Goethes Leben im Gedicht
Zum 28. August 1916
Ins furchtbar Gemeinsame verkettet, ist dem einzelnen für weniges jetzt die Seele ganz frei; der innere Tag, fast jedem ist er genommen vom äußeren Zwang, das gewohnte Tun dem liebsten Wunsch entfremdet und selbst dem Gefühl der reine Ausdruck verwehrt.

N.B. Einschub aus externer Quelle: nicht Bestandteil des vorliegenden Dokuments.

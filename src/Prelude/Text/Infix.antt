-- ===== src/Prelude/Text/Infix.antt =====
-- Prefixes, suffixes and parts of a text.
use mathlib.Core.List.{[], ◌∷◌, ◌++◌, reverse, reverse-append, reverse-reverse, reverse-cons}
use mathlib.Core.Path.{◌≡◌, refl, sym, ap, ◌∙◌}
use mathlib.Core.Bool.{true, false}
use mathlib.Core.Logic.{inl, inr}
use Prim.Native.Nat.{ℕ}
use native.Mathlib.Omega.{arith}
use prompt_flow_ai.Prelude.Tests.{Bool-cases}
use prompt_flow_ai.Prelude.Text.{
  Text, text_eq, text_eq_iff, starts_with, ends_with, contains, is_space, lstrip, strip,
}

starts_with-append : (p s : Text) → starts_with p (p ++ s) ≡ true
unfolding starts_with
starts_with-append [] s = refl
starts_with-append (c ∷ p) s = ground (arith, starts_with-append p s)

pub contains-append : (a p b : Text) → contains p (a ++ (p ++ b)) ≡ true
unfolding contains
contains-append [] [] [] = refl
contains-append [] [] (c ∷ b) = refl
contains-append [] (c ∷ p) b = ground (arith, starts_with-append (c ∷ p) b)
contains-append (c ∷ a) p b = ground (arith, contains-append a p b)

-- A suffix that is found is one.
pub ends_with_sound :
    (suffix s : Text) → ends_with suffix s ≡ true → (pre : Text) × (s ≡ pre ++ suffix)
unfolding ends_with
ends_with_sound suffix [] h = ([], sym ((text_eq_iff suffix []).0 h))
ends_with_sound suffix (c ∷ s) h = elim (Bool-cases (text_eq suffix (c ∷ s))) [
  | inl e ↦ ([], sym ((text_eq_iff suffix (c ∷ s)).0 e))
  | inr e ↦ let (pre, q) = ends_with_sound suffix s (rw e at h) in (c ∷ pre, ap (λ t. c ∷ t) q)
]

lstrip-suffix : (s : Text) → (a : Text) × (s ≡ a ++ lstrip s)
unfolding lstrip
lstrip-suffix [] = ([], refl)
lstrip-suffix (c ∷ s) = elim (Bool-cases (is_space c)) [
  | inl e ↦ let (a, q) = lstrip-suffix s in (c ∷ a, rw e (ap (λ t. c ∷ t) q))
  | inr e ↦ ([], rw e refl)
]

-- What is stripped stood at the two ends.
pub strip-infix : (s : Text) → (a b : Text) × (s ≡ a ++ (strip s ++ b))
unfolding strip
strip-infix s =
    let (a, p) = lstrip-suffix s in
    let (b, q) = lstrip-suffix (reverse (lstrip s)) in
    (
      a,
      reverse b,
      p
          ∙ ap (λ t. a ++ t)
              (sym (reverse-reverse (lstrip s))
                ∙ ap reverse q
                ∙ reverse-append b (lstrip (reverse (lstrip s)))),
    )

lstrip-append : (s : Text) (c : ℕ) → is_space c ≡ false → lstrip (s ++ c ∷ []) ≡ lstrip s ++ c ∷ []
unfolding lstrip
lstrip-append [] c h = rw h
lstrip-append (d ∷ s) c h = elim (Bool-cases (is_space d)) [
  | inl e ↦ rw e (lstrip-append s c h)
  | inr e ↦ rw e
]

-- A text that ends with a code point that is no white space still does when stripped.
pub strip-append :
    (s : Text) (c : ℕ) → is_space c ≡ false → strip (s ++ c ∷ []) ≡ lstrip s ++ c ∷ []
unfolding strip lstrip
strip-append s c h = rw (
  lstrip-append s c h,
  reverse-append (lstrip s) (c ∷ []),
  h,
  reverse-cons c (reverse (lstrip s)),
  reverse-reverse (lstrip s),
)

abbrev head_or : ℕ → Text → ℕ
head_or d [] = d
head_or d (c ∷ s) = c

-- Two equal texts have the same last code point.
pub last_same : (a b : Text) (c d : ℕ) → a ++ c ∷ [] ≡ b ++ d ∷ [] → c ≡ d
last_same a b c d e =
    ap (head_or 0) (sym (reverse-append a (c ∷ [])) ∙ ap reverse e ∙ reverse-append b (d ∷ []))
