-- ===== src/Ingest/Domain/Laws.antt =====
-- The domain lock of module2-email-worker/app/worker.py against the event's own validator, and the
-- form of a `From` header that it refuses.
use mathlib.Core.List.{append_assoc}
use prompt_flow_ai.Prelude.{
  ◌≡◌, refl, sym, ap, ◌∙◌, true, false, [], ◌∷◌, ◌++◌, arith, Bool-cases, inl, inr,
}
use prompt_flow_ai.Prelude.Text.{Text, codes, lower, lower_code, strip, ends_with, is_space, lstrip}
use prompt_flow_ai.Prelude.Text.Infix.{
  ends_with_sound, strip-infix, contains-append, strip-append, last_same,
}
use prompt_flow_ai.Ingest.Mail.{settings}
use prompt_flow_ai.Ingest.Domain.{validate_domain, sender_must_be_srmap}

ends_stripped :
    (s : Text)
    → validate_domain settings s ≡ true
    → ends_with (codes "@srmap.edu.in") (strip (lower s)) ≡ true
unfolding validate_domain
ends_stripped [] h = ground arith
ends_stripped (c ∷ s) h = h

lower-append : (s t : Text) → lower (s ++ t) ≡ lower s ++ lower t
unfolding lower
lower-append [] t = refl
lower-append (c ∷ s) t = ap (λ r. lower_code c ∷ r) (lower-append s t)

-- A sender that passes the worker's domain test passes the sender's validator of the event that is
-- built from it.
pub validate_domain-sender_must_be_srmap :
    (s : Text) → validate_domain settings s ≡ true → sender_must_be_srmap s ≡ true
unfolding sender_must_be_srmap
validate_domain-sender_must_be_srmap s h =
    let suffix = codes "@srmap.edu.in" in
    let (pre, p) = ends_with_sound suffix (strip (lower s)) (ends_stripped s h) in
    let (a, b, q) = strip-infix (lower s) in
    rw (q, p, append_assoc pre suffix b, sym (append_assoc a pre (suffix ++ b)))
      (contains-append (a ++ pre) suffix b)

no_suffix : (t : Text) → ends_with (codes "@srmap.edu.in") (t ++ 62 ∷ []) ≡ false
no_suffix t = elim (Bool-cases (ends_with (codes "@srmap.edu.in") (t ++ 62 ∷ []))) [
  | inl e ↦
      let (pre, p) = ends_with_sound (codes "@srmap.edu.in") (t ++ 62 ∷ []) e in
      ground (
        arith,
        last_same t (pre ++ codes "@srmap.edu.i") 62 110
            (p ∙ sym (append_assoc pre (codes "@srmap.edu.i") (110 ∷ []))),
      )
  | inr e ↦ e
]

-- A sender that ends in `>`, as the header form `Name <name@srmap.edu.in>` does, fails the worker's
-- domain test whatever its address.
pub angle_rejected : (s : Text) → validate_domain settings (s ++ codes ">") ≡ false
unfolding validate_domain is_space lower lower_code
angle_rejected [] = refl
angle_rejected (c ∷ s) =
    ap (λ t. ends_with (codes "@srmap.edu.in") (strip t)) (lower-append (c ∷ s) (codes ">"))
    ∙ ap (ends_with (codes "@srmap.edu.in")) (strip-append (lower (c ∷ s)) 62 refl)
    ∙ no_suffix (lstrip (lower (c ∷ s)))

Freude aus sich hochschweben zu lassen, wie geht es heute an, da der Blick sich umflort an der nahen Tragik einer selbstmörderischen Welt, und der Zorn wiederum, ihm ist das Wort verweigert und der Erbitterung die Sprache erwürgt. Gefangen im stählernen Netz der Zeit sind die Gefühle. In allem ist die Seele behindert und beschränkt, und nur einer Regung vermag sie sich freizuhalten, aber der besten vielleicht: der Dankbarkeit. Wenn jetzt zwischen den gepreßten Stunden eine noch klar und rein herüberglänzt in das Chaos des Geschehens, ihr dankbar zu sein, ist noch verstattet, und sie, die seltene, zu genießen, wird Pflicht und Rettung zugleich.